Dataset entries
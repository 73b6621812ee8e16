-- ===== src/Tests/Files.antt =====
-- A file system in memory: the paths there are, the texts of the files, and the locks held.
use groot_btrfs.Base.{
  refl, subst, All, Bool, true, List, [], ◌∷◌, arith, ℕ, suc, ◌-◌, if◌then◌else◌,
}
use groot_btrfs.Base.FilePath.Laws.{IsName}
use groot_btrfs.Base.Int.{pos, eqb_ℤ}
use groot_btrfs.Base.Str.{Str, codes, eqb, contains}
use groot_btrfs.Base.Effect.{M, ⊤, ok, err, not_exist, exist, permission}
use groot_btrfs.Base.Os.{Os, FileInfo}
use groot_btrfs.Groot.{MountInfo, Locksmith}
use groot_btrfs.Gc.{insert_key, delete_key}
use groot_btrfs.Gc.Orphans.{contains-insert_key, contains-delete_key, eqb_self}
use groot_btrfs.Store.Cloner.{ImageCloner, ImageDriverSpec}
use groot_btrfs.Store.Cloner.Laws as Cloner
use groot_btrfs.Store.Manager.{Manager, missing, namespace_path}
use groot_btrfs.Store.Manager.Laws as Manager
use groot_btrfs.Store.Manager.Delete as Delete

pub record Files : Type 0 where
  pub paths : List Str
  pub held : ℕ

abbrev pub there : Files → Str → Bool
there w = contains w.paths

abbrev pub a_directory : FileInfo
a_directory = record { is_dir = true; mode = 0o755; uid = pos 0; gid = pos 0 }

abbrev pub look : Str → M Files FileInfo
look p w = (if contains w.paths p then ok a_directory else err not_exist, w)

-- The owner 13 is refused.
unfoldable pub file_os : Os Files
file_os = record {
  getuid = pos 0;
  getgid = pos 0;
  geteuid = pos 0;
  stat = look;
  lstat = look;
  mkdir = λ p mode w.
      if contains w.paths p
      then (err exist, w)
      else (ok tt, record w { paths = insert_key p w.paths });
  mkdir_all = λ p mode w. (ok tt, record w { paths = insert_key p w.paths });
  chown = λ p u g w. (if eqb_ℤ u (pos 13) then err permission else ok tt, w);
  chmod = λ p mode w. (ok tt, w);
  remove = λ p w. (ok tt, record w { paths = delete_key p w.paths });
  remove_all = λ p w. (ok tt, record w { paths = delete_key p w.paths });
  rename = λ from to w. (ok tt, w);
  read_dir = λ p w. (ok (codes "img" ∷ []), w);
  read_file = λ p w. (ok [], w);
  write_file = λ p text mode w. (ok tt, record w { paths = insert_key p w.paths });
  truncate = λ p n w. (ok tt, w);
  run = λ command arguments w. (([], ok tt), w);
}

abbrev pub mounted : ImageDriverSpec → MountInfo
mounted spec = record {
  destination = codes "/";
  type = codes "btrfs";
  source = spec.image_path;
  options = [];
}

unfoldable pub cloner : ImageCloner Files
unfolding file_os
cloner = record {
  image_driver = record {
    create_image = λ spec w. (ok (mounted spec), w);
    destroy_image = λ p w. (ok tt, record w { paths = delete_key p w.paths });
    fetch_stats = λ p w. (err not_exist, w);
  };
  store_path = codes "/s";
  os = file_os;
  hex_sha256 = λ volume. volume;
}

pub cloner-IsFileSystem : Cloner.IsFileSystem there cloner
unfolding cloner
cloner-IsFileSystem = record {
  stat_same = λ w p. refl;
  stat_there = λ w p. ground arith;
  chown_same = λ w p u g. refl;
  mkdir_there = λ w p mode e. ground (arith, contains-insert_key p p w.paths, eqb_self p);
  mkdir_keeps = λ w p q mode h. ground (arith, contains-insert_key p q w.paths);
  create_keeps = λ w spec q h. h;
  remove_gone = λ w p e. ground (arith, contains-delete_key p p w.paths, eqb_self p);
}

abbrev pub store_path : Str
store_path = codes "/s"

-- Destroys what is not the store itself.
abbrev pub destroy_inside : Str → M Files ⊤
destroy_inside p w =
    if eqb p store_path
    then (err permission, w)
    else (ok tt, record w { paths = delete_key p w.paths })

unfoldable pub manager : Manager Files
unfolding file_os namespace_path
manager = record {
  store_path = store_path;
  image_driver = record {
    create_image = λ spec w. (ok (mounted spec), w);
    destroy_image = destroy_inside;
    fetch_stats = λ p w. (err not_exist, w);
  };
  volume_driver = record {
    volume_path = λ v w. (err not_exist, w);
    create_volume = λ parent id w. (err not_exist, w);
    destroy_volume = λ id w. (ok tt, w);
    volumes = λ w. (ok [], w);
    move_volume = λ from to w. (ok tt, w);
    write_volume_meta = λ id meta w. (ok tt, w);
    handle_opaque_whiteouts = λ id paths w. (ok tt, w);
  };
  store_driver = record {
    configure_store = λ p u g w. (ok tt, w);
    validate_file_system = λ p w. (ok tt, w);
    init_filesystem = λ file p w. (ok tt, w);
  };
  apply_mappings = λ uids gids w.
      (ok tt, record w { paths = insert_key (codes "/s/meta/namespace.json") w.paths });
  os = file_os;
}

pub manager-IsFileSystem : Manager.IsFileSystem there manager
unfolding manager missing namespace_path
manager-IsFileSystem = record {
  stat_same = λ w p. refl;
  stat_missing = λ w p. ground arith;
  lstat_same = λ w p. refl;
  lstat_there = λ w p found e is_dir. ground arith;
  chown_same = λ w p u g. refl;
  chmod_same = λ w p mode. refl;
  mkdir_there = λ w p mode e. ground (arith, contains-insert_key p p w.paths, eqb_self p);
  mkdir_keeps = λ w p q mode h. ground (arith, contains-insert_key p q w.paths);
  configure_keeps = λ w p q u g h. h;
  apply_there = λ w uids gids e.
      contains-insert_key (codes "/s/meta/namespace.json") (codes "/s/meta/namespace.json") w.paths;
}

unfoldable pub file_locks : Locksmith Files
file_locks = record {
  lock = λ key w. (ok 7, record w { held = suc w.held });
  unlock = λ file w. (ok tt, record w { held = w.held - 1 });
}

abbrev pub delete_view : Files → Delete.View
delete_view w = record { there = contains w.paths store_path; held = w.held }

img-IsName : IsName (codes "img")
unfolding eqb
img-IsName = record { no_slash = refl; full = refl; no_dot = refl; no_dots = refl }

pub manager-IsStore : Delete.IsStore delete_view manager file_locks
unfolding manager missing file_locks
manager-IsStore = record {
  stat_same = λ w p. refl;
  stat_missing = λ w. ground arith;
  read_dir_same = λ w p. refl;
  read_dir_names =
      λ w p names e. subst (All IsName) {x = codes "img" ∷ []} (ground arith) (img-IsName, tt);
  image_same = λ w name plain.
      ground (arith, contains-delete_key (Delete.image_path manager name) store_path w.paths);
  volume_same = λ w id plain. refl;
  remove_there = λ w. ground (arith, contains-delete_key store_path store_path w.paths);
  remove_held = λ w. refl;
  lock_there = λ w key. refl;
  lock_held = λ w key. refl;
  unlock_there = λ w file. refl;
  unlock_held = λ w file. refl;
}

> _Task directions_:
All that belongs in the answer is the run of lines above from the line containing "store_driver = record" through the line containing "pub manager-IsFileSystem : Manager.IsFileSystem", exactly as written.

> _Exercise output_:
  store_driver = record {
    configure_store = λ p u g w. (ok tt, w);
    validate_file_system = λ p w. (ok tt, w);
    init_filesystem = λ file p w. (ok tt, w);
  };
  apply_mappings = λ uids gids w.
      (ok tt, record w { paths = insert_key (codes "/s/meta/namespace.json") w.paths });
  os = file_os;
}

pub manager-IsFileSystem : Manager.IsFileSystem there manager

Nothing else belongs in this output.